Presently, I am at home in Sun Valley, CA. It is Sunday, September 25th; today would have been my father's 62nd Birthday. It has been nearly 10 years this coming November since he has passed. My father was quite a man, he embodied so many archetypal figures that I am just barely starting to grasp and understand. My father, Hernando "Waters" Martinez, played the Hero, the Devil, the Protector, the Champion, the Warrior, the Beast, the Child, the Fool, the Irresponsible One, the Loner, the Manipulator, the Victim, and so on. As I reflect on his life, I reflect on my own. What archetypes have I played? Which ones do I embody? Which ones are former, which ones are my future? The more I become aligned with my own path, my past, and my future, the more I see my reality and life as a whole.
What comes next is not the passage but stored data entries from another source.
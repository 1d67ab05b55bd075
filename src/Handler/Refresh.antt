-- ===== src/Handler/Refresh.antt =====
-- internal/handler/auth.go: handleRefresh. The rate limiter and the decoding of the body come before:
-- `handle_refresh` starts with the token.
pub mod Rotation
use simple_auth.Prelude.{
  String, Bool, true, false, not, ◌&&◌, Option, none, some, List, [], ◌∷◌, ltb, if◌then◌else◌, ◌==◌,
  ℤ,
}
use simple_auth.Outcome.{Result, ok, err}
use simple_auth.Bolt.{Bbolt}
use simple_auth.Store.Types.{Time, User, App, RefreshToken, IdentityMapping, AuditEntry}
use simple_auth.Store.State.{BoltStore}
use simple_auth.Store.Users.{resolve_user}
use simple_auth.Store.Mappings.{get_mappings_for_user}
use simple_auth.Store.Tokens.{
  Consumed, consumed, reused, failed, consume_refresh_token, revoke_token_family,
  save_refresh_token, is_user_access_revoked,
}
use simple_auth.Store.Audit.{write_audit_log}
use simple_auth.Handler.State.{Config, Env, HandlerState, exec}
use simple_auth.Handler.Limiter.{add_duration}
use simple_auth.Handler.Directory.{list_or_nil, first_ldap_name, directory_account_disabled}
use simple_auth.Handler.Roles.{
  AppLookup, found, not_served, Grant, granted, denied, resolve_app, resolve_token_roles,
  app_audience,
}
use simple_auth.Handler.Jwt.{Claims, Mint}
use simple_auth.Handler.Issue.{new_refresh_token, audit, claims_of, issue}

pub data RefreshError : Type 0 where
  invalid_token reuse_detected token_not_found token_expired user_missing : RefreshError
  account_off access_off app_unavailable unassigned generation_failed : RefreshError

pub data Refreshed : Type 0 where
  refreshed : (access refresh : String) → Refreshed
  declined : RefreshError → Refreshed

module _ ⦃bolt : Bbolt⦄ where
  -- The end of handleRefresh.
  abbrev pub answered :
      Mint → User → HandlerState → Option (String × String) × BoltStore → Refreshed × HandlerState
  answered mint u st (none, s) = (declined generation_failed, record st { store = s })
  answered mint u st (some (access, refresh), s) =
      (refreshed access refresh, audit mint "token_refresh" u.guid [] (record st { store = s }))

  abbrev pub with_grant :
      Mint → RefreshToken → User → App → HandlerState → Grant → Refreshed × HandlerState
  with_grant mint rt u a st denied = (declined unassigned, st)
  with_grant mint rt u a st (granted roles perms) = answered mint u st (
      issue mint u (record (claims_of u st.store roles perms) { audience = app_audience a ∷ [] })
        (new_refresh_token mint u rt.family_id rt.app_id (app_audience a)) st.store)

  abbrev pub with_app :
      Config → Mint → RefreshToken → User → HandlerState → AppLookup → Refreshed × HandlerState
  with_app cfg mint rt u st (not_served e) = (declined app_unavailable, st)
  with_app cfg mint rt u st (found a) =
      with_grant mint rt u a st (resolve_token_roles cfg a u st.store)

  abbrev pub with_status :
      Config → Mint → RefreshToken → User → Bool × HandlerState → Refreshed × HandlerState
  with_status cfg mint rt u (true, st) = (declined account_off, st)
  with_status cfg mint rt u (false, st) =
      if is_user_access_revoked mint.now u.guid st.store
      then (declined access_off, st)
      else with_app cfg mint rt u st (resolve_app cfg rt.app_id st.store)

  abbrev pub with_user :
      Env → Config → Mint → RefreshToken → HandlerState → Result User → Refreshed × HandlerState
  with_user env cfg mint rt st (err e) = (declined user_missing, st)
  with_user env cfg mint rt st (ok u) =
      if u.disabled
      then (declined account_off, st)
      else with_status cfg mint rt u (directory_account_disabled env cfg mint.now u st)

  abbrev pub with_consumed :
      Env → Config → Mint → Claims → HandlerState → Consumed × BoltStore → Refreshed × HandlerState
  with_consumed env cfg mint c st (failed e, s) =
      (declined token_not_found, record st { store = s })
  with_consumed env cfg mint c st (reused rt, s) = (
    declined reuse_detected,
    audit mint "token_refresh" c.subject
        (("event", "replay_detected") ∷ ("family_id", rt.family_id) ∷ [])
        (exec (revoke_token_family rt.family_id) (record st { store = s })),
  )
  with_consumed env cfg mint c st (consumed rt, s) =
      if ltb rt.expires_at mint.now
      then (declined token_expired, record st { store = s })
      else with_user env cfg mint rt (record st { store = s }) (resolve_user c.subject s)

  abbrev pub with_claims :
      Env → Config → Mint → HandlerState → Option Claims → Refreshed × HandlerState
  with_claims env cfg mint st none = (declined invalid_token, st)
  with_claims env cfg mint st (some c) =
      with_consumed env cfg mint c st (consume_refresh_token c.id st.store)

  unfoldable pub handle_refresh :
      Env
      → Config
      → Mint
      → (String → Option Claims)
      → String
      → HandlerState
      → Refreshed × HandlerState
  handle_refresh env cfg mint parse token st = with_claims env cfg mint st (parse token)
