-- ===== src/Store/Tokens/Refresh.antt =====
-- Refresh tokens are single use under every interleaving, and revocation takes a whole family.
use simple_auth.Prelude.{
  ℕ, ◌+◌, ◌≤◌, String, ◌≡◌, refl, ◌∙◌, Bool, true, false, Option, none, some, List, [], ◌∷◌, ltb,
  if◌then◌else◌, ◌==◌, arith, eq_iff, eq_refl, Option-cases, Bool-cases, ◌⊎◌, inl, inr,
}
use simple_auth.Outcome.{Result-cases, ok, refresh_token_not_found}
use simple_auth.Bolt.{Bbolt, Bytes, json, garbage, read, put_raw, prune}
use simple_auth.Bolt.Laws.{get-prune, get-put_raw}
use simple_auth.Store.Types.{Time, RefreshToken}
use simple_auth.Store.State.{BoltStore}
use simple_auth.Store.Tokens.{
  Consumed, consumed, reused, save_refresh_token, mark_refresh_token_used, consume_refresh_token,
  revoke_token_family, revoke_user_tokens, clean_expired_refresh_tokens,
}

-- The calls on the bucket of refresh tokens: each is one transaction, so concurrent requests run them
-- in some order.
pub data Call : Type 0 where
  save : RefreshToken → Call
  mark_used : String → Call
  consume : String → Call
  revoke_family : String → Call
  revoke_user : String → Call
  clean : Time → Call

-- Does the call store a new record under the token's id?
abbrev pub stores : String → Call → Bool
stores t (save rt) = rt.token_id == t
stores t _ = false

abbrev pub NeverStores : String → List Call → Type 0
NeverStores t [] = Unit
NeverStores t (c ∷ cs) = (stores t c ≡ false) × NeverStores t cs

abbrev is_consumed : Consumed → Bool
is_consumed (consumed rt) = true
is_consumed _ = false

-- Is the call a consumption of the token that succeeds, and counted?
abbrev counted : String → Call → Consumed → ℕ
counted t (consume u) c = if u == t then (if is_consumed c then 1 else 0) else 0
counted t _ c = 0

module _ ⦃bolt : Bbolt⦄ where
  unfoldable pub run_call : Call → BoltStore → BoltStore
  run_call (save rt) s = (save_refresh_token rt s).1
  run_call (mark_used t) s = (mark_refresh_token_used t s).1
  run_call (consume t) s = (consume_refresh_token t s).1
  run_call (revoke_family f) s = (revoke_token_family f s).1
  run_call (revoke_user u) s = (revoke_user_tokens u s).1
  run_call (clean now) s = (clean_expired_refresh_tokens now s).1

  -- How often a run hands out the token.
  unfoldable pub handed_out : String → List Call → BoltStore → ℕ
  unfolding run_call
  handed_out t [] s = 0
  handed_out t (c ∷ cs) s =
      counted t c (consume_refresh_token t s).0 + handed_out t cs (run_call c s)

  -- No Get of the token finds an unused record.
  abbrev Spent : Option (Bytes RefreshToken) → Type 0
  Spent none = Unit
  Spent (some garbage) = Unit
  Spent (some (json rt)) = rt.used ≡ true

  abbrev IsSpent : String → BoltStore → Type 0
  IsSpent t s = Spent (bolt.get s.refresh_tokens t)

  -- A consumption that succeeds: the token was there and unused, and is written back as used.
  record HandedOut (t : String) (s : BoltStore) : Type 0 where
    token : RefreshToken
    tokens : bolt.Bucket (Bytes RefreshToken)
    held : bolt.get s.refresh_tokens t ≡ some (json token)
    unused : token.used ≡ false
    written : put_raw s.refresh_tokens t (json (record token { used = true })) ≡ ok tokens
    outcome :
        consume_refresh_token t s
        ≡ (consumed (record token { used = true }), record s { refresh_tokens = tokens })

  -- Any other leaves the store alone.
  consume_cases :
      (t : String) (s : BoltStore)
      → HandedOut t s
        ⊎ (((consume_refresh_token t s).1 ≡ s)
            × (is_consumed (consume_refresh_token t s).0 ≡ false))
  unfolding consume_refresh_token
  consume_cases t s = elim (Option-cases (bolt.get s.refresh_tokens t)) [
    | inl missing ↦ inr (rw missing, rw missing)
    | inr (garbage, found) ↦ inr (rw found, rw found)
    | inr (json rt, found) ↦ elim (Bool-cases rt.used) [
      | inl old ↦ inr (rw (found, old), rw (found, old))
      | inr new ↦
          elim (Result-cases (put_raw s.refresh_tokens t (json (record rt { used = true })))) [
            | inr (e, w) ↦ inr (rw (found, new, w), rw (found, new, w))
            | inl (tokens, w) ↦ inl (record {
              token = rt;
              tokens = tokens;
              held = found;
              unused = new;
              written = w;
              outcome = rw (found, new, w);
            })
          ]
    ]
  ]

  reused_of_used :
      (t : String) (s : BoltStore) (rt : RefreshToken)
      → bolt.get s.refresh_tokens t ≡ some (json rt)
      → rt.used ≡ true
      → consume_refresh_token t s ≡ (reused rt, s)
  unfolding consume_refresh_token
  reused_of_used t s rt found used = rw (found, used)

  pub consume_refresh_token-reused :
      (t : String) (s : BoltStore) {rt : RefreshToken}
      → (consume_refresh_token t s).0 ≡ reused rt
      → (consume_refresh_token t s).1 ≡ s
  consume_refresh_token-reused t s h = elim (consume_cases t s) [
    | inr (same, not_handed) ↦ same
    | inl r ↦ absurd (ground (arith, r.outcome))
  ]

  -- A second consumption of a token that was handed out reports reuse and changes nothing.
  pub consume_refresh_token-twice :
      (t : String) (s : BoltStore) (rt : RefreshToken)
      → (consume_refresh_token t s).0 ≡ consumed rt
      → consume_refresh_token t (consume_refresh_token t s).1
        ≡ (reused rt, (consume_refresh_token t s).1)
  consume_refresh_token-twice t s rt h = elim (consume_cases t s) [
    | inr (same, not_handed) ↦ absurd (ground arith)
    | inl r ↦
        let e : record r.token { used = true } ≡ rt = ground (arith, r.outcome) in
        rw (r.outcome, ← e)
          (reused_of_used t (record s { refresh_tokens = r.tokens })
            (record r.token { used = true })
            (get-put_raw s.refresh_tokens t (json (record r.token { used = true })) t r.written
              ∙ ground (arith, eq_refl t))
            refl)
  ]

  consume-spends :
      (t : String) (s : BoltStore)
      → is_consumed (consume_refresh_token t s).0 ≡ true
      → IsSpent t (consume_refresh_token t s).1
  consume-spends t s h = elim (consume_cases t s) [
    | inr (same, not_handed) ↦ absurd (ground arith)
    | inl r ↦
        rw
          (
            r.outcome,
            get-put_raw s.refresh_tokens t (json (record r.token { used = true })) t r.written,
            eq_refl t,
          )
          refl
  ]

  not_consumed_of_spent :
      (t : String) (s : BoltStore) → IsSpent t s → is_consumed (consume_refresh_token t s).0 ≡ false
  not_consumed_of_spent t s h = elim (consume_cases t s) [
    | inr (same, not_handed) ↦ not_handed
    | inl r ↦ absurd (ground (arith, r.held, r.unused))
  ]

  Spent-prune :
      (t : String) (p : RefreshToken → Bool) (b : bolt.Bucket (Bytes RefreshToken))
      → Spent (bolt.get b t)
      → Spent (bolt.get (prune p b) t)
  Spent-prune t p b h = rw (get-prune p b t) (ground (arith, h))

  Spent-put :
      (t u : String) (rt : RefreshToken) (b : bolt.Bucket (Bytes RefreshToken))
      {b' : bolt.Bucket (Bytes RefreshToken)}
      → put_raw b u (json rt) ≡ ok b'
      → (u ≡ t → rt.used ≡ true)
      → Spent (bolt.get b t)
      → Spent (bolt.get b' t)
  Spent-put t u rt b w used h = rw (get-put_raw b u (json rt) t w) (ground (arith, eq_iff u t))

  mark_used-IsSpent :
      (t u : String) (s : BoltStore) → IsSpent t s → IsSpent t (mark_refresh_token_used u s).1
  unfolding mark_refresh_token_used
  mark_used-IsSpent t u s h =
      elim (Result-cases (read refresh_token_not_found s.refresh_tokens u)) [
        | inr (e, r) ↦ rw r h
        | inl (rt, r) ↦
            elim (Result-cases (put_raw s.refresh_tokens u (json (record rt { used = true })))) [
              | inr (e, w) ↦ rw (r, w) h
              | inl (b, w) ↦
                  rw (r, w)
                    (Spent-put t u (record rt { used = true }) s.refresh_tokens w (λ _. refl) h)
            ]
      ]

  consume-IsSpent :
      (t u : String) (s : BoltStore) → IsSpent t s → IsSpent t (consume_refresh_token u s).1
  consume-IsSpent t u s h = elim (consume_cases u s) [
    | inr (same, _) ↦ rw same h
    | inl r ↦
        rw r.outcome
          (Spent-put t u (record r.token { used = true }) s.refresh_tokens r.written (λ _. refl) h)
  ]

  save-IsSpent :
      (t : String) (rt : RefreshToken) (s : BoltStore)
      → (rt.token_id == t) ≡ false
      → IsSpent t s
      → IsSpent t (save_refresh_token rt s).1
  unfolding save_refresh_token
  save-IsSpent t rt s other h =
      elim (Result-cases (put_raw s.refresh_tokens rt.token_id (json rt))) [
        | inr (e, w) ↦ rw w h
        | inl (b, w) ↦ rw w (
            Spent-put t rt.token_id rt s.refresh_tokens w
              (λ e. ground (arith, eq_iff rt.token_id t)) h)
      ]

  run_call-IsSpent :
      (t : String) (c : Call) (s : BoltStore)
      → stores t c ≡ false
      → IsSpent t s
      → IsSpent t (run_call c s)
  unfolding run_call revoke_token_family revoke_user_tokens clean_expired_refresh_tokens
  run_call-IsSpent t (save rt) s other h = save-IsSpent t rt s other h
  run_call-IsSpent t (mark_used u) s other h = mark_used-IsSpent t u s h
  run_call-IsSpent t (consume u) s other h = consume-IsSpent t u s h
  run_call-IsSpent t (revoke_family f) s other h =
      Spent-prune t (λ rt. rt.family_id == f) s.refresh_tokens h
  run_call-IsSpent t (revoke_user u) s other h =
      Spent-prune t (λ rt. rt.user_guid == u) s.refresh_tokens h
  run_call-IsSpent t (clean now) s other h =
      Spent-prune t (λ rt. ltb rt.expires_at now) s.refresh_tokens h

  counted-zero :
      (t : String) (c : Call) (s : BoltStore)
      → is_consumed (consume_refresh_token t s).0 ≡ false
      → counted t c (consume_refresh_token t s).0 ≡ 0
  counted-zero t (consume u) s h = ground arith
  counted-zero t _ s h = refl

  handed_out-spent :
      (t : String) (cs : List Call) (s : BoltStore)
      → NeverStores t cs
      → IsSpent t s
      → handed_out t cs s ≡ 0
  unfolding handed_out
  handed_out-spent t [] s never h = refl
  handed_out-spent t (c ∷ cs) s never h = omega (
    arith,
    counted-zero t c s (not_consumed_of_spent t s h),
    handed_out-spent t cs (run_call c s) never.1 (run_call-IsSpent t c s never.0 h),
  )

  counted-le-one : (t : String) (c : Call) (o : Consumed) → counted t c o ≤ 1
  counted-le-one t (consume u) o = ground arith
  counted-le-one t _ o = omega arith

  -- If a call is counted, the token is Spent after it.
  counted-spends :
      (t : String) (c : Call) (s : BoltStore)
      → (counted t c (consume_refresh_token t s).0 ≡ 0) ⊎ IsSpent t (run_call c s)
  unfolding run_call
  counted-spends t (consume u) s = elim (Bool-cases (u == t)) [
    | inr other ↦ inl (rw other)
    | inl here ↦ elim (Bool-cases (is_consumed (consume_refresh_token t s).0)) [
      | inr not_handed ↦ inl (rw (here, not_handed))
      | inl handed ↦ inr (rw ((eq_iff u t).0 here) (consume-spends t s handed))
    ]
  ]
  counted-spends t _ s = inl refl

  -- In every run of the store's calls a refresh token is handed out at most once, unless a record is
  -- stored again under its id.
  pub handed_out-le-one :
      (t : String) (cs : List Call) (s : BoltStore) → NeverStores t cs → handed_out t cs s ≤ 1
  unfolding handed_out
  handed_out-le-one t [] s never = omega arith
  handed_out-le-one t (c ∷ cs) s never = elim (counted-spends t c s) [
    | inl zero_now ↦ omega (arith, handed_out-le-one t cs (run_call c s) never.1)
    | inr now_spent ↦ omega (
      arith,
      counted-le-one t c (consume_refresh_token t s).0,
      handed_out-spent t cs (run_call c s) never.1 now_spent,
    )
  ]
Yet, at this present moment there is this gnawing, this void, this feeling that I just want to stop. How much beauty can one take? How much grace can one feel, see, hear, and know? I feel like I have hit an overload. The signs are always all around me. I see the repetition of numbers (1:11, 11:11, 2:22, 3:33, 4:44), I see the signs all around, in the clouds, and sometimes in my beer.
Yet, at this present moment there is this gnawing, this void, this feeling that I just want to stop. How much beauty can one take? How much grace can one feel, see, hear, and know? I feel like I have hit an overload. The signs are always all around me. I see the repetition of numbers (1:11, 11:11, 2:22, 3:33, 4:44), I see the signs all around, in the clouds, and sometimes in my beer.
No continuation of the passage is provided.